Dataset items:
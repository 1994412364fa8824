-- ===== src/Memory/PageMap/Put.antt =====
-- The tables on the way to a page of 4 KiB, and the entry that memory/paging_map.c writes at the end
-- of it.
use Prim.Native.Nat.{bit_and}
use helos.Prelude.{
  ℕ, suc, ◌+◌, ◌≤◌, ◌<◌, ◌≡◌, ◌≢◌, ◌⊎◌, refl, ap, sym, ◌∙◌, inl, inr, true, false, ◌&&◌, some, List,
  [], ◌∷◌, ◌==◌, arith, length, Bool-cases, true≢false,
}
use helos.Memory.Physical.Count.{unused}
use helos.Memory.PageMap.{Paging, has, write, enter, pml_addr_mask, pml_present}
use helos.Memory.PageMap.Walk.{leaf, walk, IsTree, IsSmall}
use helos.Memory.PageMap.Grow.{Role, Provided, provide-Provided}

-- The entry `i` of the table `t` at `p` stands for the table `child`.
pub record Link (s : Paging) (role : Role) (t : ℕ) (p : List ℕ) (i child : ℕ) : Type 0 where
  pub at : role t ≡ some p
  pub there : has (s.tables t i) pml_present ≡ true
  pub inner : leaf (length p) (s.tables t i) ≡ false
  pub address : bit_and (s.tables t i) pml_addr_mask ≡ child
  pub child_at : role child ≡ some (i ∷ p)

pub Link-walk :
    {s : Paging} {role : Role} {t : ℕ} {p : List ℕ} {i child : ℕ} (is : List ℕ)
    → Link s role t p i child
    → walk s.tables (length p) t (i ∷ is) ≡ walk s.tables (suc (length p)) child is
unfolding walk
Link-walk is l = rw (l.there, l.inner, l.address) refl

pub Link-Provided :
    {s s' : Paging} {role role' : Role} {t u : ℕ} {p q : List ℕ} {i j child : ℕ}
    → Link s role t p i child
    → Provided s role u q j s' role'
    → Link s' role' t p i child
Link-Provided {t} {p} {i} {child} l g =
    let same = g.same_entry t p i l.at l.there in
    record {
      at = g.keeps t p l.at;
      there = rw same l.there;
      inner = rw same l.inner;
      address = rw same l.address;
      child_at = g.keeps child (i ∷ p) l.child_at;
    }

small-inner :
    (tables : ℕ → ℕ → ℕ) (depth t i j : ℕ) (is : List ℕ)
    → IsSmall (walk tables depth t (i ∷ j ∷ is))
    → has (tables t i) pml_present ≡ true
    → leaf depth (tables t i) ≡ false
unfolding walk
small-inner tables depth t i j is small there = elim (Bool-cases (leaf depth (tables t i))) [
  | inr inner ↦ inner
  | inl page ↦ absurd (rw (there, page) at small)
]

-- `enter` leads to the table, and there is still no large page on the rest of the way.
pub record Entered (s : Paging) (role : Role) (t : ℕ) (p : List ℕ) (i : ℕ) (r : ℕ × Paging)
    (role' : Role) : Type 0 where
  pub provided : Provided s role t p i r.1 role'
  pub link : Link r.1 role' t p i r.0

pub enter-Entered :
    (s : Paging) (role : Role) (t : ℕ) (p : List ℕ) (i j : ℕ) (is : List ℕ)
    → IsTree s role
    → role t ≡ some p
    → length p < 3
    → IsSmall (walk s.tables (length p) t (i ∷ j ∷ is))
    → 1 ≤ unused s.frames
    → (role' : Role) × Entered s role t p i (enter t i s) role'
unfolding enter
enter-Entered s role t p i j is tree at short small some_left =
    let (role', g) =
      provide-Provided s role t p i tree at short (small-inner s.tables (length p) t i j is small)
        some_left in
    (
      role',
      record {
        provided = g;
        link = record {
          at = g.keeps t p at;
          there = g.there;
          inner = g.inner;
          address = refl;
          child_at = g.tree.points t p i (g.keeps t p at) g.there g.inner;
        };
      },
    )

pub Entered-IsSmall :
    {s : Paging} {role role' : Role} {t : ℕ} {p : List ℕ} {i : ℕ} {r : ℕ × Paging} (is : List ℕ)
    → role t ≡ some p
    → Entered s role t p i r role'
    → IsSmall (walk s.tables (length p) t (i ∷ is))
    → IsSmall (walk r.1.tables (suc (length p)) r.0 is)
Entered-IsSmall {t} {p} {i} is at e small =
    rw (← Link-walk is e.link, e.provided.same_walk t p (i ∷ is) at) small

length-zero : (is : List ℕ) → length is ≡ 0 → is ≡ []
length-zero [] h = refl
length-zero (i ∷ is) h = absurd (omega arith)

itself : (n : ℕ) → (n == n) ≡ true
itself n = ground arith

-- Indices, put before those on the way.
abbrev pub onto : List ℕ → List ℕ → List ℕ
onto [] q = q
onto (i ∷ is) q = onto is (i ∷ q)

-- An entry is written to a table of the last level.
module _ (s : Paging) (role : Role) (tree : IsTree s role) (t : ℕ) (p : List ℕ) (i e : ℕ)
    (at : role t ≡ some p) (last : length p ≡ 3) (present : has e pml_present ≡ true) where
  abbrev put : Paging
  put = write t i e s

  -- Another entry, or the one that is written.
  entry-cases :
      (u : ℕ) (q : List ℕ) (j : ℕ)
      → role u ≡ some q
      → ((u ≡ t) × (j ≡ i) × (q ≡ p) × (put.tables u j ≡ e)) ⊎ (put.tables u j ≡ s.tables u j)
  unfolding write
  entry-cases u q j h = elim (Bool-cases (u == t && j == i)) [
    | inl hit ↦
        let same : (u ≡ t) × (j ≡ i) = ground arith in
        let place : some q ≡ some p = sym h ∙ ap role same.0 ∙ at in
        inl (same.0, same.1, cc, rw hit refl)
    | inr miss ↦ inr (rw miss refl)
  ]

  leaf-last : (f : ℕ) → leaf (length p) f ≡ true
  unfolding leaf
  leaf-last f = rw last refl

  pub put-IsTree : IsTree put role
  unfolding write
  put-IsTree = record {
    root = tree.root;
    aligned = tree.aligned;
    points = λ u q j h there inner. elim (entry-cases u q j h) [
      | inl (_, _, place, is_e) ↦ absurd (
          true≢false (
            sym (leaf-last (put.tables u j))
            ∙ ap (λ x. leaf (length x) (put.tables u j)) (sym place)
            ∙ inner))
      | inr miss ↦ rw miss (tree.points u q j h (rw miss at there) (rw miss at inner))
    ];
    opens = λ u q j h there inner. elim (entry-cases u q j h) [
      | inl (_, _, place, is_e) ↦ absurd (
          true≢false (
            sym (leaf-last (put.tables u j))
            ∙ ap (λ x. leaf (length x) (put.tables u j)) (sym place)
            ∙ inner))
      | inr miss ↦ rw miss (tree.opens u q j h (rw miss at there) (rw miss at inner))
    ];
    in_use = tree.in_use;
    covers = tree.covers;
    fits = tree.fits;
  }

  pub put-Link :
      {u : ℕ} {q : List ℕ} {j child : ℕ}
      → length q < 3
      → Link s role u q j child
      → Link put role u q j child
  put-Link {u} {q} {j} {child} short l = elim (entry-cases u q j l.at) [
    | inl (_, _, place, _) ↦ absurd (omega (arith, ap (λ x. length x) place, last, short))
    | inr miss ↦ record {
      at = l.at;
      there = rw miss l.there;
      inner = rw miss l.inner;
      address = rw miss l.address;
      child_at = l.child_at;
    }
  ]

  pub put-walk_here : walk put.tables 3 t (i ∷ []) ≡ some (e, [])
  unfolding walk leaf write
  put-walk_here = rw (itself t, itself i, present) refl

  pub put-walk_other :
      (u : ℕ) (q is : List ℕ)
      → role u ≡ some q
      → length is + length q ≡ 4
      → onto is q ≢ i ∷ p
      → walk put.tables (length q) u is ≡ walk s.tables (length q) u is
  unfolding walk
  put-walk_other u q [] h four other = refl
  put-walk_other u q (j ∷ is) h four other = elim (entry-cases u q j h) [
    | inl (_, same, place, _) ↦
        let ends : is ≡ [] = length-zero is (omega (arith, ap (λ x. length x) place, last, four)) in
        absurd
          (other (ap (λ x. onto x (j ∷ q)) ends ∙ ap (λ x. x ∷ q) same ∙ ap (λ x. i ∷ x) place))
    | inr miss ↦ rw miss (elim (Bool-cases (has (s.tables u j) pml_present)) [
      | inr out ↦ rw out refl
      | inl there ↦ elim (Bool-cases (leaf (length q) (s.tables u j))) [
        | inl page ↦ rw (there, page) refl
        | inr inner ↦
            rw (there, inner)
              (put-walk_other (bit_and (s.tables u j) pml_addr_mask) (j ∷ q) is
                (tree.points u q j h there inner) (omega arith) other)
      ]
    ])
  ]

* **AIM OF THE TASK**
Look through the entries above and quote exactly the lines from the line with "length q < 3" to the line with "miss ↦ record", counting both of those lines.

* **RESULT OF THE EXERCISE**
      → length q < 3
      → Link s role u q j child
      → Link put role u q j child
  put-Link {u} {q} {j} {child} short l = elim (entry-cases u q j l.at) [
    | inl (_, _, place, _) ↦ absurd (omega (arith, ap (λ x. length x) place, last, short))
    | inr miss ↦ record {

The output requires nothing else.